Comment Re:Exactly. (Score 1) 529

Or as I would put it, if RMS is the backbone of the free software world, it is more important that he be stiff than that he be flexible.

That's a neat quote, but the analogy is imperfect. You don't want a limp noodle for a backbone, but you don't want a rigid rod, either. A real backbone has to have some flexibility or you won't be able to turn your head, bend down to tie your shoes, or do lots of other vital daily activities. That's why doctors don't like to perform spinal fusion surgery until they've exhausted less drastic approaches.

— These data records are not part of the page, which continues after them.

-- ===== src/Cluster/Batch.antt =====
-- crates/trust-kernel/src/cluster_mux.rs: `fetch_batch` over the link, and what it leaves on the connection
-- when it fails.
use spaceshuttle.Prelude.{
  ℕ, ◌≡◌, refl, ap, ◌∙◌, List, [], ◌∷◌, Option, none, some, String, length, add64,
}
use spaceshuttle.Prelude.Text.{format, decimal}
use spaceshuttle.Cluster.BlockStore
use spaceshuttle.Cluster.BlockStore.{BlockStore, StoredBlock, lookup, served}
use spaceshuttle.Cluster.Frames.{fetch_frame, remote_status, Answer, answered, refused}
use spaceshuttle.Cluster.Server.{
  Message, ClusterMuxServer, handle_frame, dispatch, fetch_response, handle_mux_connection,
}
use spaceshuttle.Cluster.Client.{
  MuxClient, Link, ensure_connected, next_channel_id, read_frame, read_block, take_payload,
  exchange, connected, on_client, request, fetch_block,
}
use spaceshuttle.Cluster.Requests.{
  IsIdle, ensure_connected_idle, read_payload_cached_whole, str_eq_refl, ==_refl,
}

-- Phase 1: a message for each request, each on a channel of its own.
unfoldable pub batch_messages : MuxClient → List (ℕ × ℕ) → MuxClient × List Message
unfolding next_channel_id
batch_messages c [] = (c, [])
batch_messages c ((block_index, bus_seq) ∷ requests) =
    let (c', messages) = batch_messages (next_channel_id c) requests in
    (c', (fetch_frame c.next_channel block_index c.from_aint none bus_seq, []) ∷ messages)

-- The rest of the responses is read after one that was fine, and left where it is after one that was not.
abbrev pub then_others :
    ℕ
    → (MuxClient → MuxClient × Answer (List (ℕ × List ℕ)))
    → MuxClient × Answer (List ℕ)
    → MuxClient × Answer (List (ℕ × List ℕ))
then_others block_index others (c, refused e) = (c, refused e)
then_others block_index others (c, answered block) =
    add_result (others (record c { bytes_transferred = add64 c.bytes_transferred (length block) }))
  where
    add_result : MuxClient × Answer (List (ℕ × List ℕ)) → MuxClient × Answer (List (ℕ × List ℕ))
    add_result (c', answered results) = (c', answered ((block_index, block) ∷ results))
    add_result (c', refused e) = (c', refused e)

abbrev pub count_batch :
    ℕ → MuxClient × Answer (List (ℕ × List ℕ)) → MuxClient × Answer (List (ℕ × List ℕ))
count_batch n (c, refused e) = (c, refused e)
count_batch n (c, answered results) =
    (record c { requests_sent = add64 c.requests_sent n }, answered results)

module _ (sha256_hex : List ℕ → String) where
  -- Phase 2: the responses, in the order of the requests.
  unfoldable pub read_batch : List (ℕ × ℕ) → MuxClient → MuxClient × Answer (List (ℕ × List ℕ))
  unfolding read_frame read_block
  read_batch [] c = (c, answered [])
  read_batch ((block_index, _) ∷ requests) c =
      then_others block_index (read_batch requests)
        (read_block sha256_hex "Unexpected frame" block_index (read_frame c))

  unfoldable pub fetch_batch :
      Link → Option String → List (ℕ × ℕ) → Link × Answer (List (ℕ × List ℕ))
  unfolding ensure_connected batch_messages exchange read_batch
  fetch_batch l attempt requests =
      connected sha256_hex l
        (λ unread.
          let (c, messages) = batch_messages l.client requests in
          on_client sha256_hex (λ c'. count_batch (length requests) (read_batch requests c'))
            (exchange sha256_hex (record l { client = c }) unread messages))
        (ensure_connected l.client.connection attempt)

  module _ (l : Link) (gone wanted q₀ q₁ : ℕ) (idle : IsIdle l.client.connection) where
    abbrev requests : List (ℕ × ℕ)
    requests = (gone, q₀) ∷ (wanted, q₁) ∷ []

    abbrev served_by : BlockStore → ClusterMuxServer
    served_by store = record l.server {
      frames_handled = add64 (add64 l.server.frames_handled 1) 1;
      store = store;
    }

    -- The second response.
    abbrev second : Option StoredBlock → Message
    second answer = fetch_response (next_channel_id l.client).next_channel wanted none answer

    -- The link with these messages unread.
    abbrev unread_by : List Message → BlockStore → Link
    unread_by messages store = record {
      client = record (next_channel_id (next_channel_id l.client)) { connection = some messages };
      server = served_by store;
    }

    -- The end of the batch, given what the server found.
    abbrev batch_ends :
        BlockStore → Option StoredBlock → Option StoredBlock → Link × Answer (List (ℕ × List ℕ))
    batch_ends store first_answer second_answer =
        on_client sha256_hex (λ c. count_batch 2 (read_batch requests c))
          (unread_by
            (fetch_response l.client.next_channel gone none first_answer
              ∷ second second_answer
              ∷ [])
            store)

    batch_reads :
        let first_fetch = BlockStore.fetch l.server.store gone in
        let second_fetch = BlockStore.fetch first_fetch.0 wanted in
        fetch_batch l none requests ≡ batch_ends second_fetch.0 first_fetch.1 second_fetch.1
    unfolding fetch_batch batch_messages exchange handle_mux_connection handle_frame dispatch
        next_channel_id
    batch_reads =
        ap
          (connected sha256_hex l (λ unread.
            let (c, messages) = batch_messages l.client requests in
            on_client sha256_hex (λ c'. count_batch 2 (read_batch requests c'))
              (exchange sha256_hex (record l { client = c }) unread messages)))
          (ensure_connected_idle l.client.connection idle)

    module _ (b : StoredBlock) (is_gone : lookup gone l.server.store.blocks ≡ none)
        (is_there : lookup wanted l.server.store.blocks ≡ some b) where
      abbrev store_after : BlockStore
      store_after = (BlockStore.fetch l.server.store wanted).0

      gone_fetch : BlockStore.fetch l.server.store gone ≡ (l.server.store, none)
      unfolding BlockStore.fetch
      gone_fetch = rw (is_gone, BlockStore.fetch) refl

      there_fetch : (BlockStore.fetch l.server.store wanted).1 ≡ some (served b)
      unfolding BlockStore.fetch
      there_fetch = rw (is_there, BlockStore.fetch) refl

      batch_fails : fetch_batch l none requests ≡ (
        unread_by (second (some (served b)) ∷ []) store_after,
        refused (remote_status 404 (format ("Block " ∷ decimal gone ∷ " not found" ∷ []))),
      )
      unfolding read_batch read_frame read_block fetch_response next_channel_id
      batch_fails =
          batch_reads
          ∙ ap
              (λ (fetched : BlockStore × Option StoredBlock).
                let again = BlockStore.fetch fetched.0 wanted in
                batch_ends again.0 fetched.1 again.1)
              gone_fetch
          ∙ ap (λ answer. batch_ends store_after none answer) there_fetch

      -- On a link with nothing unread, a batch asks for a block that the server does not have and
      -- then for one that it has, stored under the hash of its bytes: the batch fails as not
      -- found, and the next fetch, of any block, is answered with the bytes of that second block.
      pub fetch_block-after_failed_batch :
          (other bus_seq : ℕ)
          → b.content_hash ≡ sha256_hex b.data_bytes
          → let (l', result) = fetch_batch l none requests in
            (result
              ≡ refused (remote_status 404 (format ("Block " ∷ decimal gone ∷ " not found" ∷ []))))
            × ((fetch_block sha256_hex l' none other none bus_seq).1 ≡ answered b.data_bytes)
      unfolding fetch_block request ensure_connected exchange handle_mux_connection handle_frame
          dispatch fetch_response read_frame next_channel_id read_block take_payload
      fetch_block-after_failed_batch other bus_seq good =
          let (after, result, whole) =
            read_payload_cached_whole sha256_hex b.data_bytes other l.client.hash_cache in
          (
            ap (λ (r : Link × Answer (List (ℕ × List ℕ))). r.1) batch_fails,
            ap
                  (λ (r : Link × Answer (List (ℕ × List ℕ))).
                    (fetch_block sha256_hex r.0 none other none bus_seq).1)
                  batch_fails
                ∙ rw
                    (
                      good,
                      ==_refl (length b.data_bytes),
                      whole,
                      str_eq_refl (sha256_hex b.data_bytes),
                    )
                    refl,
          )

To continue the analogy, maybe RMS is too far on the inflexible side to be a good backbone. He obviously has some flexibility- he recommends licenses other than the GPL in some cases and is even willing to accept proprietary software for specific, limited purposes- but he may be too rigidly ideological to be the main leader of the movement he founded. He seems to be unwilling or unable to look around and see some of the new stuff that's out there. Someone like Linus Torvalds may be a better leader. He obviously has a strong commitment to Free Software, but he has been flexible enough to try more things (e.g. working with Bitkeeper), and I think it's made him more effective.